Saved entries
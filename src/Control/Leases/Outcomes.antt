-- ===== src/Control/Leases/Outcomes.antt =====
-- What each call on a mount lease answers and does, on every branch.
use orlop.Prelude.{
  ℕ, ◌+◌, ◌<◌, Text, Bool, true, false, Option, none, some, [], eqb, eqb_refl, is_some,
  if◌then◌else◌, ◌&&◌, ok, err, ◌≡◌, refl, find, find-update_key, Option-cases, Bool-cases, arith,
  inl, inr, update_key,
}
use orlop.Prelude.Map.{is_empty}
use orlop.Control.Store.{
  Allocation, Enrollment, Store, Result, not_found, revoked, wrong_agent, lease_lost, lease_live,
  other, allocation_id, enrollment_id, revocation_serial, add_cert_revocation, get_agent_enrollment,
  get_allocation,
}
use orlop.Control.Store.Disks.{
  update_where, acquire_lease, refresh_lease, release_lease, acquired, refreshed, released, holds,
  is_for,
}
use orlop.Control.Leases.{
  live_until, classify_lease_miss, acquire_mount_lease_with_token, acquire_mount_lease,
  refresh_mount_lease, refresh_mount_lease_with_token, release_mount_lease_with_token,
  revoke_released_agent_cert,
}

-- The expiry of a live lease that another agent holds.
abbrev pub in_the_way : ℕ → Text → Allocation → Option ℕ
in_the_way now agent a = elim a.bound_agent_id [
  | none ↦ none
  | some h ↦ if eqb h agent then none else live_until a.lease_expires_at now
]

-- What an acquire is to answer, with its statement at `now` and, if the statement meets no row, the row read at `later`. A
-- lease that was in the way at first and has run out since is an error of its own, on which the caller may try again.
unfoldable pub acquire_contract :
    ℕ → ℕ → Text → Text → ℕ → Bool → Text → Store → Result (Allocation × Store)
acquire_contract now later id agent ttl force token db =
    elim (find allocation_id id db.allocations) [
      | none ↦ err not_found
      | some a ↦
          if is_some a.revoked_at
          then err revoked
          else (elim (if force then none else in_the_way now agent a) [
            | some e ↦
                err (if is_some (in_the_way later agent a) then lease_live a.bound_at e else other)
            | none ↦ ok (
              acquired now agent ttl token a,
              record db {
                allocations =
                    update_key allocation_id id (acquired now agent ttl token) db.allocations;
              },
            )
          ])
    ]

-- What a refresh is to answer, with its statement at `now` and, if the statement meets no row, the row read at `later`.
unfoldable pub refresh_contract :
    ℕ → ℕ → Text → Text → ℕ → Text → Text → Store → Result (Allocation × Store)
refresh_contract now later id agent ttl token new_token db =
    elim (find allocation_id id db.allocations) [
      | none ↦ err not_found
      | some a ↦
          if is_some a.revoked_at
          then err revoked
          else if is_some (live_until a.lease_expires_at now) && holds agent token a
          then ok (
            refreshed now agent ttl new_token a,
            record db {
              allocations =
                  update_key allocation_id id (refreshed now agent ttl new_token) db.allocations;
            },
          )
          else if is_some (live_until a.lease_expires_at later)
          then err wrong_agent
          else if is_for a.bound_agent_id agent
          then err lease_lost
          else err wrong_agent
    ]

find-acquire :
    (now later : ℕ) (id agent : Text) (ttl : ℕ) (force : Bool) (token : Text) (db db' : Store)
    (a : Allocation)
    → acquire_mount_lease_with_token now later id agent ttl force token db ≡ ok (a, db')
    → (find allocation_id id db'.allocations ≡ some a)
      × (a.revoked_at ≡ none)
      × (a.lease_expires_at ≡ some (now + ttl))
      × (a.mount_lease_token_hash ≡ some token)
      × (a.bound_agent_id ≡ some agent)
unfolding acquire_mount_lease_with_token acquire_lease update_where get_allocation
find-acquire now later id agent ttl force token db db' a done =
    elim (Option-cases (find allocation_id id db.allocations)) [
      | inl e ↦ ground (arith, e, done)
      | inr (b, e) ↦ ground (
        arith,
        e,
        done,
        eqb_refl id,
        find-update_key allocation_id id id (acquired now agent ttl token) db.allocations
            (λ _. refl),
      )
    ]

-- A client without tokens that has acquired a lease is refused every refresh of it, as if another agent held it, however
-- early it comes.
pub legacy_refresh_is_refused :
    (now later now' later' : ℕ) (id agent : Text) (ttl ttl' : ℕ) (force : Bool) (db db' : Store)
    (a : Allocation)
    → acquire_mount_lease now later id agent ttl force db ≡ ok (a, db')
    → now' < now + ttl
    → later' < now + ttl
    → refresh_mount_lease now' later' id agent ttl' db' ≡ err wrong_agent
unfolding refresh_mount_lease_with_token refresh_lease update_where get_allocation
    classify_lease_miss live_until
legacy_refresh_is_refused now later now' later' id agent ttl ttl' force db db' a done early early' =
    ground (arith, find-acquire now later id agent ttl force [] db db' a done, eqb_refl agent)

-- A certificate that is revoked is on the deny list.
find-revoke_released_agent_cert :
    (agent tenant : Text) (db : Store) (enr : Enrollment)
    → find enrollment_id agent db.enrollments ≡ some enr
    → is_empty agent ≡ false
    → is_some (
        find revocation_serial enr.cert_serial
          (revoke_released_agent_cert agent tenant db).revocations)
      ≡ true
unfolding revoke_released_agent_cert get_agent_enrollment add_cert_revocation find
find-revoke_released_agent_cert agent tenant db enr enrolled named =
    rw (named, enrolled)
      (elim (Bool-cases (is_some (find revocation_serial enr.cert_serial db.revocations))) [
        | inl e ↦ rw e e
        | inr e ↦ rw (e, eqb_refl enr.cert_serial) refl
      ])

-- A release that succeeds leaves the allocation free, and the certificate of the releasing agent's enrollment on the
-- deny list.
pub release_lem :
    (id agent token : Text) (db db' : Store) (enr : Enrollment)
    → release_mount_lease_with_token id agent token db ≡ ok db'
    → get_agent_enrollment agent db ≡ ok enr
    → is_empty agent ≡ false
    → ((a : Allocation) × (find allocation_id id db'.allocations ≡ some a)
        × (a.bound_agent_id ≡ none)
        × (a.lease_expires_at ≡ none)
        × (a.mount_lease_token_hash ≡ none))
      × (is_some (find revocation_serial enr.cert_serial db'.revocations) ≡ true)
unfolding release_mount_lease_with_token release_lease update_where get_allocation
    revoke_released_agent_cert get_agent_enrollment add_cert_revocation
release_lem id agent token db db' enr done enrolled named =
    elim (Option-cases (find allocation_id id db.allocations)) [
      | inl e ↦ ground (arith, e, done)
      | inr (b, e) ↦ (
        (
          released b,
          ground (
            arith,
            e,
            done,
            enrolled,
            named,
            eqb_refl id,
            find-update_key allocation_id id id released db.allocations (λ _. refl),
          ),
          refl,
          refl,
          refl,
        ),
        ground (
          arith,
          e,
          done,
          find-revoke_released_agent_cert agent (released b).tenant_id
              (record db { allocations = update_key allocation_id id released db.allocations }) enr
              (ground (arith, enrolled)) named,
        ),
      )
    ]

* * *

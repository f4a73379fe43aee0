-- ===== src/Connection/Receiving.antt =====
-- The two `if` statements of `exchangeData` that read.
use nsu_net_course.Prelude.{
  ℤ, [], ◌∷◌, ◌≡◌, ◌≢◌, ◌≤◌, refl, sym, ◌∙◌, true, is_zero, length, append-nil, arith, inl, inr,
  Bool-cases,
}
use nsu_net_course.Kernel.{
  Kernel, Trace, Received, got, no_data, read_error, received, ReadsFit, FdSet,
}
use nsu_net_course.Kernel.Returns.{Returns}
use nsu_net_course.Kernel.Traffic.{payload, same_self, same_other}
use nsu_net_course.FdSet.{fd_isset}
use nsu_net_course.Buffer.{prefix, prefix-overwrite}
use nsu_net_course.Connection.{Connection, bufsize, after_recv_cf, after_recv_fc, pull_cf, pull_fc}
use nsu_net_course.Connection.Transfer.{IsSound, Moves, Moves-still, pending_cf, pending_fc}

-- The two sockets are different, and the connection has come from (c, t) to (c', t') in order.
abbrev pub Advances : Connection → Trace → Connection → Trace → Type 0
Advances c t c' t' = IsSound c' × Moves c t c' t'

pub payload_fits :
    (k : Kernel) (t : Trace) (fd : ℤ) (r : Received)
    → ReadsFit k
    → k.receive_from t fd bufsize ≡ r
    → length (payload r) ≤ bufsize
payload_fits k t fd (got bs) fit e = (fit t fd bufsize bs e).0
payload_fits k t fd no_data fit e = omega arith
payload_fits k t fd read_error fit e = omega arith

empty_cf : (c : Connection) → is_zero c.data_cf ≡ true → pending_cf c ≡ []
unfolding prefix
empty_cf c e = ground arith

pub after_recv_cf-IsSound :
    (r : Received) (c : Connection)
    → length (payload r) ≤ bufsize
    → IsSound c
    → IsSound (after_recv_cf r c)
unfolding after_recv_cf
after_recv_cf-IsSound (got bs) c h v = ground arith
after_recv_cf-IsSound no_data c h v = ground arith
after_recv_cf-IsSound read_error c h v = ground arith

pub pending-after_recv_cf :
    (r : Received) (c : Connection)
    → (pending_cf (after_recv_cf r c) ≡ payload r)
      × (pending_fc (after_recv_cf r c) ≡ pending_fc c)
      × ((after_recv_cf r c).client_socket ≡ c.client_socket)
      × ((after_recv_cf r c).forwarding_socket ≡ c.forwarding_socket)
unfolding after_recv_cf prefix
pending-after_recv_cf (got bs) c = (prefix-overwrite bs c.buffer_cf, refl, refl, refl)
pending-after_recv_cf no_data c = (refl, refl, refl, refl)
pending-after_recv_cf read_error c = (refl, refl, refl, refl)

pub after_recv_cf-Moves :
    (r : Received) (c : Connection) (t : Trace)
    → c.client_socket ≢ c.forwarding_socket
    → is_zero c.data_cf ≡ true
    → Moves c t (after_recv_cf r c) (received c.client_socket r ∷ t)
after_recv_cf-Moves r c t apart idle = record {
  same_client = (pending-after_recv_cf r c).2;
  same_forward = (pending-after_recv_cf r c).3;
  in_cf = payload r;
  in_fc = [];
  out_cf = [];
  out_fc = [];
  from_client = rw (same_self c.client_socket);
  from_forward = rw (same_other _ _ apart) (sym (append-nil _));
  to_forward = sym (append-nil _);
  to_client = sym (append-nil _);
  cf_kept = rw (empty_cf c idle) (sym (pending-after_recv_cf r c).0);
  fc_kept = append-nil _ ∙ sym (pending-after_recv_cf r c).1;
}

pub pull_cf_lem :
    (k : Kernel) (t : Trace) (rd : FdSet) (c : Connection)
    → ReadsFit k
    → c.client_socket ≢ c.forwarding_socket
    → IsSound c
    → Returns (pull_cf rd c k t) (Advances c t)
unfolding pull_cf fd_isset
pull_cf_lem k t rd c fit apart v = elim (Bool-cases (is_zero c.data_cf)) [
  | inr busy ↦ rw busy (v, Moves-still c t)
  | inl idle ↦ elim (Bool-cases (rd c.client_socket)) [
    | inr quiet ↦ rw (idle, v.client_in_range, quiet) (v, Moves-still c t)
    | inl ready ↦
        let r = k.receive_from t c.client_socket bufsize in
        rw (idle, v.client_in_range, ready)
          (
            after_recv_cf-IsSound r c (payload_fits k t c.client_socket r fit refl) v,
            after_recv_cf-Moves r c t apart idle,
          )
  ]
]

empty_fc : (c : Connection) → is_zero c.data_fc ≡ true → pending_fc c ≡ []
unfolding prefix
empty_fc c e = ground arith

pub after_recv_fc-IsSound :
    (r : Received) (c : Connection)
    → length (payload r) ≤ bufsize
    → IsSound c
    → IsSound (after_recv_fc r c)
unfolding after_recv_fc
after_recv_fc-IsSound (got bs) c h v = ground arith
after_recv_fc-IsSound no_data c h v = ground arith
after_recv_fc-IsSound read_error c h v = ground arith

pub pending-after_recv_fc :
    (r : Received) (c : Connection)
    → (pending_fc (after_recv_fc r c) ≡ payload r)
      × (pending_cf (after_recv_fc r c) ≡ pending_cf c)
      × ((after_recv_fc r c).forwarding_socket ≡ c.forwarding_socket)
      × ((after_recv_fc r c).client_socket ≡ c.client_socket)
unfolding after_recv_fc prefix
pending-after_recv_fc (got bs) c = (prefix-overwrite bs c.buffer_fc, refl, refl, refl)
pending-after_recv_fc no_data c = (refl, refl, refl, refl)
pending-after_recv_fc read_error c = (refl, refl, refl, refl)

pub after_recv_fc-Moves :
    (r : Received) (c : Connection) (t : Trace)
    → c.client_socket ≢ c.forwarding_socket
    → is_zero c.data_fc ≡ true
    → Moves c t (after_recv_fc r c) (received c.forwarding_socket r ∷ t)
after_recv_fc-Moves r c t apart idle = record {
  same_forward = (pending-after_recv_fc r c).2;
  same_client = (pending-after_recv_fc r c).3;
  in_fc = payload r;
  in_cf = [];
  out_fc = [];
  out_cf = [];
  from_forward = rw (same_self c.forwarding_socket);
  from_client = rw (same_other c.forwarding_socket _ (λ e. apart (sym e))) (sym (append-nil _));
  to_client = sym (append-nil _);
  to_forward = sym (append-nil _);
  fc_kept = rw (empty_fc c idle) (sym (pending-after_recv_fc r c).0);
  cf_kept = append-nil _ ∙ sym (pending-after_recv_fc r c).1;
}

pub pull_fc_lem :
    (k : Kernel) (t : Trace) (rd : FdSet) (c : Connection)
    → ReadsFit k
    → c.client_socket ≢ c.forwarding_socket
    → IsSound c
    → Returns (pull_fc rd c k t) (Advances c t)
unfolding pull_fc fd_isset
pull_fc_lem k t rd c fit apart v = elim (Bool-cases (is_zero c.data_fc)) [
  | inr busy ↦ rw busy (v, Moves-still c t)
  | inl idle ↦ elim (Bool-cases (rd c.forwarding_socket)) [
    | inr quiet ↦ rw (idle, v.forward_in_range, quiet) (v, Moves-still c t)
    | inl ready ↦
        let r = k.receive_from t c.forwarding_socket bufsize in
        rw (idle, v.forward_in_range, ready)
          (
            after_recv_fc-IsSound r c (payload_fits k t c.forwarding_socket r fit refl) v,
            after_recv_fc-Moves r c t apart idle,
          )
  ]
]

**Problem description**
Check each line of the records above, and copy those that hold the word "named".

**Answer below**
find-revoke_released_agent_cert agent tenant db enr enrolled named =
    rw (named, enrolled)
release_lem id agent token db db' enr done enrolled named =
            named,
              (ground (arith, enrolled)) named,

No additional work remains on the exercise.